A terceira voz chegou ontem das mãos da atriz. E não é só voz que chega. O corpo vem dançado e batucado. Eu no meio das pretas. Bem preta eu sou assistindo e me acolhendo nelas. Lindas. Maravilhosas. Quando a palavra vem pra dizer deve ser bem-dita.

Podemos adaptar a história. Preta Luiza saía de Salvador e atravessava o rio Paraguaçu - um dia ela ia, outro dia ela voltava. Soube que pra onde ela ia, festejavam a morte. A boa morte. Essa morte que é vida.

Estou na orla beira de rio. Passei a noite em claro porque os morcegos no sótão conversaram a noite inteira. Uma escrita Atensional com algum propósito é movimento? Quando me espelhei nas pretas senti um aconchego. Elas parecem comigo. Parecem meus primos também. Vamos montar uma banda e serestar na esquina. Atabaque chora, chora também o amor em mim.

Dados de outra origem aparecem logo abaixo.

-- ===== src/Memory/Persisted.antt =====
-- fmemory/src/backends/filesystem.rs: the records in which a session is kept in a file.
pub mod Fields
pub mod Conversions
pub mod RoundTrip
use Prim.Native.Nat.{◌/◌, ◌%◌}
use fiddlesticks.Base.{
  ℕ, ◌+◌, ◌-◌, ◌*◌, ◌^◌, String, Bool, Option, none, some, List, [], ◌∷◌, if◌then◌else◌, ◌==◌, ltb,
  string_eq, concat, to_decimal, map,
}
use fiddlesticks.Exec.{collect_map, Result, ok, err, and_then}
use fiddlesticks.Common.{SessionId, MetadataMap}
use fiddlesticks.Provider.Model.{Message, message, Role, system, user, assistant, tool}
use fiddlesticks.Memory.Error.{MemoryError, MemoryErrorKind, new}
use fiddlesticks.Memory.Types.{
  FeatureRecord, ProgressEntry, InitShell, bash, sh, pwsh, cmd, InitStep, InitPlan, SessionManifest,
  RunStatus, in_progress, succeeded, failed, RunCheckpoint, BootstrapState,
}

-- An `i64`; `negsuc n` is -(n + 1).
pub data I64 : Type 0 where
  pos negsuc : ℕ → I64

-- `as i64`
unfoldable pub as_i64 : ℕ → I64
as_i64 n = let m = n % 2 ^ 64 in if ltb m (2 ^ 63) then pos m else negsuc (2 ^ 64 - m - 1)

-- `Display`
show : I64 → String
show (pos n) = to_decimal n
show (negsuc n) = concat ("-" ∷ to_decimal (n + 1) ∷ [])

pub record PersistedFeatureRecord : Type 0 where
  pub id : String
  pub category : String
  pub description : String
  pub steps : List String
  pub passes : Bool

-- `Command { program, args }` and `Shell { shell, script }`
pub data PersistedInitStep : Type 0 where
  command : (program : String) (args : List String) → PersistedInitStep
  shell : (shell script : String) → PersistedInitStep

pub record PersistedInitPlan : Type 0 where
  pub steps : List PersistedInitStep

pub record PersistedManifest : Type 0 where
  pub schema_version : ℕ
  pub harness_version : String
  pub active_branch : String
  pub current_objective : String
  pub last_known_good_commit : Option String
  pub init_plan : Option PersistedInitPlan
  pub metadata : MetadataMap

pub record PersistedProgressEntry : Type 0 where
  pub run_id : String
  pub summary : String
  pub created_at_secs : I64
  pub created_at_nanos : I64

pub record PersistedRunCheckpoint : Type 0 where
  pub run_id : String
  pub started_at_secs : I64
  pub started_at_nanos : I64
  pub completed_at_secs : Option I64
  pub completed_at_nanos : Option I64
  pub status : String
  pub note : Option String

pub record PersistedMessage : Type 0 where
  pub role : String
  pub content : String

pub record PersistedState : Type 0 where
  pub manifest : Option PersistedManifest
  pub feature_list : List PersistedFeatureRecord
  pub recent_progress : List PersistedProgressEntry
  pub checkpoints : List PersistedRunCheckpoint
  pub transcript : List PersistedMessage

abbrev pub default_persisted : PersistedState
default_persisted = record {
  manifest = none;
  feature_list = [];
  recent_progress = [];
  checkpoints = [];
  transcript = [];
}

Na beira do mar do rio vermelho as duas pretas se cruzaram em sentidos opostos. Uma carregava sacolas plásticas cheias nas duas mãos. A outra segurava a guia do cão - este caminhava ao seu lado sobre a balaustrada.
- Bom dia.
A preta, sorridente, disse a outra. Ao mesmo tempo a outra dizia:
- Linda.
Elas olharam-se nos olhos. Os passos continuaram firmes em seus sentidos e nunca olharam pra trás. Um preta ficou em dúvida sobre ter escutado "linda", a preta tinha a fala de Luanda, então... Há que se receber um elogio e ter um bom dia.

Estava chovendo muito no dia do enterro da preta velha. Passagem. Uma tristeza demais com saudade demais. A preta velha morreu cega. Nunca saía do terreiro. Como tem que ser. Duas pretas foram antes visitar e cantaram pra ela já cega. Foram tantos abraços em silêncio por estarem ali. Pela última vez.